Task description: Below are the entries; give again exactly the lines from the one mentioning "trim_right-trim_right [] = refl" through the one mentioning "-- Trimming twice is trimming once.", inclusive.

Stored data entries
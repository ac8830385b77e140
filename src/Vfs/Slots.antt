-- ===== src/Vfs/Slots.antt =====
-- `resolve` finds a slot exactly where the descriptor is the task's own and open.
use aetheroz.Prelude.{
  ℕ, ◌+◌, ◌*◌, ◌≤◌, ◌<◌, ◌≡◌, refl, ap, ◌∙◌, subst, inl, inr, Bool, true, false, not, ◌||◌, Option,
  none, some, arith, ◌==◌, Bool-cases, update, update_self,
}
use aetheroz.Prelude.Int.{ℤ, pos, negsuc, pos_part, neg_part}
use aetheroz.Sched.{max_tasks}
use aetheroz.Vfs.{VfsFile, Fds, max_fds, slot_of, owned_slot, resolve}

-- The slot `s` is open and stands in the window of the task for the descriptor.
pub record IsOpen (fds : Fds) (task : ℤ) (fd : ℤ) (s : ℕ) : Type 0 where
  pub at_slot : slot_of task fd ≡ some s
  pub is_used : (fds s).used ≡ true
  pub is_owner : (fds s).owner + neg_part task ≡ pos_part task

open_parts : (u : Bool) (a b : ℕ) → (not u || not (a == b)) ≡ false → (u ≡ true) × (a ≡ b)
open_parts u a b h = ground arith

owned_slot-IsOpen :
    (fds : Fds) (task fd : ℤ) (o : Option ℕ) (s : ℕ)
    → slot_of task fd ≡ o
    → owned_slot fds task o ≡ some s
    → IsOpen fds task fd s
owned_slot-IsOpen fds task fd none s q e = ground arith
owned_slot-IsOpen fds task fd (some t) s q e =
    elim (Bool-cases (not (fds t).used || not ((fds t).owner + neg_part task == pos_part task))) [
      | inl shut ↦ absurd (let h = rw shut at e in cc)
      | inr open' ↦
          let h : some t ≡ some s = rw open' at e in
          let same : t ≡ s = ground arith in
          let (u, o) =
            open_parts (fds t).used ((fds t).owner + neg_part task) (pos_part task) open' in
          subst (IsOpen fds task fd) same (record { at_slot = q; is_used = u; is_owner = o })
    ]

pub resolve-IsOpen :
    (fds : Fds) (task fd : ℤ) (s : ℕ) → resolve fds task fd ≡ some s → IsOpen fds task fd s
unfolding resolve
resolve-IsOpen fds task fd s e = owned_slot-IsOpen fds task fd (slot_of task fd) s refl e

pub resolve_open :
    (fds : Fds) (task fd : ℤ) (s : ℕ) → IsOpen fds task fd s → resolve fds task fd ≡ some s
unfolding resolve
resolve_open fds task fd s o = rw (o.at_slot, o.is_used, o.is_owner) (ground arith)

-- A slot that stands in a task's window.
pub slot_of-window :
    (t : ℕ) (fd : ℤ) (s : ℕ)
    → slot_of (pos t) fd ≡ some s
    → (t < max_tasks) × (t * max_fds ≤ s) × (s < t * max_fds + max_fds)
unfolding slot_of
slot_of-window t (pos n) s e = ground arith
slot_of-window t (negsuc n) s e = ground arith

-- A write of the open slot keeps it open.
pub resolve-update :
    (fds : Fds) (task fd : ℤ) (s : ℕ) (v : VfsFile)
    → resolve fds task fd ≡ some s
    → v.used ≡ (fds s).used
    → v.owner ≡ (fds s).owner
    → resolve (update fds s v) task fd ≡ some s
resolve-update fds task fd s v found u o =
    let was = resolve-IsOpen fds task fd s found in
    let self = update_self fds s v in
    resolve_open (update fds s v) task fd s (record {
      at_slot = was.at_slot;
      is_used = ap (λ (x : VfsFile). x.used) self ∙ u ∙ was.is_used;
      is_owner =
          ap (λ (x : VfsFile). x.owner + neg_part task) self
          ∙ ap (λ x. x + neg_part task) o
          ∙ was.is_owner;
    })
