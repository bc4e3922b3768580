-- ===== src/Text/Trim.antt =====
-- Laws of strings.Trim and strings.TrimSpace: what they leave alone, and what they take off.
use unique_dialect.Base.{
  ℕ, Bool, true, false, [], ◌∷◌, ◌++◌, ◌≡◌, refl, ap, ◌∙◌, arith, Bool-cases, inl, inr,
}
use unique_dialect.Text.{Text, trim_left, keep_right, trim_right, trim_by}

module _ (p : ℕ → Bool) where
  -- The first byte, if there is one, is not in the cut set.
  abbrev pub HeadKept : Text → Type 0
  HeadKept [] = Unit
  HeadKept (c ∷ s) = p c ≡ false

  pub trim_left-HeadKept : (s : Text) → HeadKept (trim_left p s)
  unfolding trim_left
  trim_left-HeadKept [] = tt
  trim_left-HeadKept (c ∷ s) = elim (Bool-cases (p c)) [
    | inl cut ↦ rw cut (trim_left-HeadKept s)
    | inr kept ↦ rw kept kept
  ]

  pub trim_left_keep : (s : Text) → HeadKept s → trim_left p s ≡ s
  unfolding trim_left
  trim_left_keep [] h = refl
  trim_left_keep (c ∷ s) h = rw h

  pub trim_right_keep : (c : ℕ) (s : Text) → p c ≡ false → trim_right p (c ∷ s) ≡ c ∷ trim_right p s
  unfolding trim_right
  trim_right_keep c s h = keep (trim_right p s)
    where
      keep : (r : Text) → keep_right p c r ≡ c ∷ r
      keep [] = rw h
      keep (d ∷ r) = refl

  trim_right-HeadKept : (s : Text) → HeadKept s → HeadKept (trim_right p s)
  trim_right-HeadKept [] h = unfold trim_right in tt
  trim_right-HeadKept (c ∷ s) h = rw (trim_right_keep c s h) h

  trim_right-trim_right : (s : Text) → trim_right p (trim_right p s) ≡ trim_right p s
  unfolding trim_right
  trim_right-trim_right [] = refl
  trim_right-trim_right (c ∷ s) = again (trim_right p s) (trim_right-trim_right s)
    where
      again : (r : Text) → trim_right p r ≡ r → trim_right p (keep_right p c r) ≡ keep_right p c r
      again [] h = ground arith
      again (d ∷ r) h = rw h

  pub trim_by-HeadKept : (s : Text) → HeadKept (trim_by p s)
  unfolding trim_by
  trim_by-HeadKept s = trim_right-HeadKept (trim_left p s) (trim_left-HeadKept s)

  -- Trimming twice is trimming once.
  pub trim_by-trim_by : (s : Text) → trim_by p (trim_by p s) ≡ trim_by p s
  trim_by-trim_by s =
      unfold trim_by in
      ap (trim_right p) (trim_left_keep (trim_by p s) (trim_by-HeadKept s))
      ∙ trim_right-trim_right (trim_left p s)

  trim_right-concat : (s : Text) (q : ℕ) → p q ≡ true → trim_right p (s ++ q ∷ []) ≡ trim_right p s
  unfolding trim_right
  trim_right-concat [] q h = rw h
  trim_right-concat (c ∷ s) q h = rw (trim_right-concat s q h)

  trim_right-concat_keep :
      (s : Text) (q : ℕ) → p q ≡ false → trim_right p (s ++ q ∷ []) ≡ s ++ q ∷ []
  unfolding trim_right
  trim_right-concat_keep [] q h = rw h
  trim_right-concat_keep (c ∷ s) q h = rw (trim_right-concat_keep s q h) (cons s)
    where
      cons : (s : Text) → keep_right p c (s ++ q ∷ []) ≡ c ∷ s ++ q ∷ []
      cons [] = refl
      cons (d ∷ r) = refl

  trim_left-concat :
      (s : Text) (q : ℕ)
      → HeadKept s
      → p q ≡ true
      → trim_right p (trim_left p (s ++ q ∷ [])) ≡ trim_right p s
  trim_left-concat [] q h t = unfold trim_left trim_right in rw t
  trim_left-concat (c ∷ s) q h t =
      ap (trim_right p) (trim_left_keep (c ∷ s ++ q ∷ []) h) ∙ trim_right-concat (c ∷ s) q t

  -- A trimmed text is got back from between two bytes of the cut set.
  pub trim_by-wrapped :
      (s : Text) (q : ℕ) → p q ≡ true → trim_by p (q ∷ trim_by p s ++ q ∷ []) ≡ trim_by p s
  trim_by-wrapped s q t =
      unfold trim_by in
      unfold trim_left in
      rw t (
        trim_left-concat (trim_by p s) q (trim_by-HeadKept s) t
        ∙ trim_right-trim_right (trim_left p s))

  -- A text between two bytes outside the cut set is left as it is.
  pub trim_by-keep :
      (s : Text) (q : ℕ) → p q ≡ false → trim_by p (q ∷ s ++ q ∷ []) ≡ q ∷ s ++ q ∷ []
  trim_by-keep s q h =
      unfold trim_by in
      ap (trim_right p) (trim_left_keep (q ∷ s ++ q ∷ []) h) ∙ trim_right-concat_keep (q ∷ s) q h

Expected answer:
  trim_right-trim_right [] = refl
  trim_right-trim_right (c ∷ s) = again (trim_right p s) (trim_right-trim_right s)
    where
      again : (r : Text) → trim_right p r ≡ r → trim_right p (keep_right p c r) ≡ keep_right p c r
      again [] h = ground arith
      again (d ∷ r) h = rw h

  pub trim_by-HeadKept : (s : Text) → HeadKept (trim_by p s)
  unfolding trim_by
  trim_by-HeadKept s = trim_right-HeadKept (trim_left p s) (trim_left-HeadKept s)

  -- Trimming twice is trimming once.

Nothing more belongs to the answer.